I have written a solution for this question before: http://www.lifeincode.net/programming/leetcode-median-of-two-sorted-arrays-java/
That solution seems easy to understand. However, it turns out to be very difficult to implement. The hardest part is how we come up with a correct way to handle borders.
After reading some post, I found there is another way to achieve findKth number from two sorted arrays, and the running time complexity is $O(log(min(m, n)))$ instead of $O(log(m + n))$, even better than the requirement.
Let’s go through the question again.
There are two sorted arrays A and B of size m and n respectively. Find the median of the two sorted arrays. The overall run time complexity should be O(log (m+n)).
Analysis
Assuming that m is always smaller or equal than n, to find out the Kth number in these two arrays, we can divide array A and array B to two parts like the following:
A[0], A[1], …, A[i – 1] / A[i], A[i + 1], …, A[m – 1]
B[0], B[1], …, B[j – 1] / B[j], B[j + 1], …, B[n – 1]
The length of first part of A is i, and the length of first part of B is j. In this case, we can choose any i from 0 to m. If i is 0, it means that there is no value in left part. If i is m, it means that there is no value in right part. It’s the same for j.
Assuming $i + j == k$, in the same time if we can make sure that the maximum value of the left parts is smaller than or equal to the minimum value of right parts, the Kth value must be A[i – 1] or B[j – 1] (depending on which is larger).
But how can we make sure that all values in left parts are always smaller than any value of right parts?
We’ve already known that the left part of A is smaller than right part of A, and left part of B is smaller than right part of B. The only thing we need to make sure is that the left part of A is smaller than right part of B, and the left part of B is smaller than right part of A. Since array A and array B are sorted, we can come up with the following condition:
- A[i – 1] <= B[j]
- B[j – 1] <= A[i]
We noticed that when i == 0 or j == 0, index i – 1 and j – 1 are invalid. However, if i == 0, it means that there is no value in the left part of A. We don’t even need to worry about the first condition. This is the same when j == 0.
We are going to find the Kth number. So if i is decided, j must equal to k – i, which can make the length of left parts to k. Binary search can be used here to find out the correct value of i.
- If the first condition doesn’t hold, which means A[i – 1] > B[j], we must decrease i. Why? Since when we try to decrease i, A[i – 1] is getting smaller. In the same time, j = k – i is getting larger, which makes B[j] getting larger. So decreasing i makes it possible to achieve the first condition.

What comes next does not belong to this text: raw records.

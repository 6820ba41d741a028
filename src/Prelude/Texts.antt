-- ===== src/Prelude/Texts.antt =====
-- Go strings and byte slices as lists of their bytes, with the tests that the program makes on
-- them. Case is folded as `strings.ToLower` and `strings.EqualFold` fold ASCII.
use Prim.Native.Char.{code}
use Prim.Native.String.{String}
use hyperv_control_plane.Prelude.Tests.{leb, ◌==◌, if◌then◌else◌}
use Prim.Native.Nat.{ℕ, ◌+◌}
use mathlib.Core.Path.{◌≡◌, refl}
use mathlib.Core.Logic.{◌↔◌}
use mathlib.Core.Bool.{Bool, true, false, ◌&&◌, ◌||◌}
use mathlib.Core.List.{List, [], ◌∷◌, map}
use native.Mathlib.Omega.{arith}

abbrev pub Text : Type 0
Text = List ℕ

-- A literal.
abbrev pub codes : String → Text
codes String.[] = []
codes (String.◌∷◌ c s) = code c ∷ codes s

unfoldable pub text_eq : Text → Text → Bool
text_eq [] [] = true
text_eq [] (y ∷ ys) = false
text_eq (x ∷ xs) [] = false
text_eq (x ∷ xs) (y ∷ ys) = let rest = text_eq xs ys in if x == y then rest else false

pub text_eq_iff : (s t : Text) → (text_eq s t ≡ true) ↔ (s ≡ t)
unfolding text_eq
text_eq_iff [] [] = ground arith
text_eq_iff [] (y ∷ ys) = ground arith
text_eq_iff (x ∷ xs) [] = ground arith
text_eq_iff (x ∷ xs) (y ∷ ys) = ground (arith, text_eq_iff xs ys)

pub text_eq_refl : (s : Text) → text_eq s s ≡ true
text_eq_refl s = (text_eq_iff s s).1 refl

-- strings.ToLower, on a byte and on a string
abbrev pub lower : ℕ → ℕ
lower c = if leb b'A' c && leb c b'Z' then c + 32 else c

unfoldable pub to_lower : Text → Text
to_lower = map lower

-- strings.EqualFold
unfoldable pub equal_fold : Text → Text → Bool
unfolding to_lower text_eq
equal_fold s t = text_eq (to_lower s) (to_lower t)

pub equal_fold_iff : (s t : Text) → (equal_fold s t ≡ true) ↔ (to_lower s ≡ to_lower t)
unfolding equal_fold
equal_fold_iff s t = text_eq_iff (map lower s) (map lower t)

-- strings.HasPrefix, with the prefix first, and strings.Contains, with the needle first
unfoldable pub has_prefix : Text → Text → Bool
has_prefix [] t = true
has_prefix (x ∷ xs) [] = false
has_prefix (x ∷ xs) (y ∷ ys) = let rest = has_prefix xs ys in if x == y then rest else false

unfoldable pub contains : Text → Text → Bool
unfolding has_prefix
contains s [] = has_prefix s []
contains s (y ∷ ys) = let rest = contains s ys in has_prefix s (y ∷ ys) || rest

- If the second condition doesn’t hold, which means B[j – 1] > A[i], we must increase i. The reason is similar.
Code
1 2 3 4 5 6 7 8 9 10 11 12 13 14 15 16 17 18 19 20 21 22 23 24 25 26 27 28 29 30 31 32 33 34 35 36 37 |
public class Solution { public double findMedianSortedArrays(int[] nums1, int[] nums2) { int m = nums1.length; int n = nums2.length; if (m > n) { return findMedianSortedArrays(nums2, nums1); } if ((m + n) % 2 != 0) { return (double)findKth(nums1, nums2, (m + n + 1) / 2); } else { return ((double)findKth(nums1, nums2, (m + n) / 2) + findKth(nums1, nums2, (m + n) / 2 + 1)) / 2; } } private int findKth(int[] nums1, int[] nums2, int k) { int iMin = Math.max(0, k - nums2.length); int iMax = Math.min(nums1.length, k); while (iMin <= iMax) { int i = (iMin + iMax) / 2; int j = k - i; if (i > 0 && j < nums2.length && nums1[i - 1] > nums2[j]) { iMax = i - 1; } else if (j > 0 && i < nums1.length && nums2[j - 1] > nums1[i]) { iMin = i + 1; } else { if (i == 0) { return nums2[k - 1]; } if (j == 0) { return nums1[k - 1]; } return Math.max(nums1[i - 1], nums2[k - i - 1]); } } return 0; } } |
There are some optimizations here. In the analysis part, I mentioned that we can choose i from 0 to m. However, if k is quite big, we should have the minimum length of left part of array A. Otherwise even if we are using all values from array B, the length of left parts cannot reach k. If you change it back to 0 and m for iMin and iMax, you can try with test case A=[1], B[1].
Complexity
As mentioned above, the time complexity is $O(log(min(m, n)))$.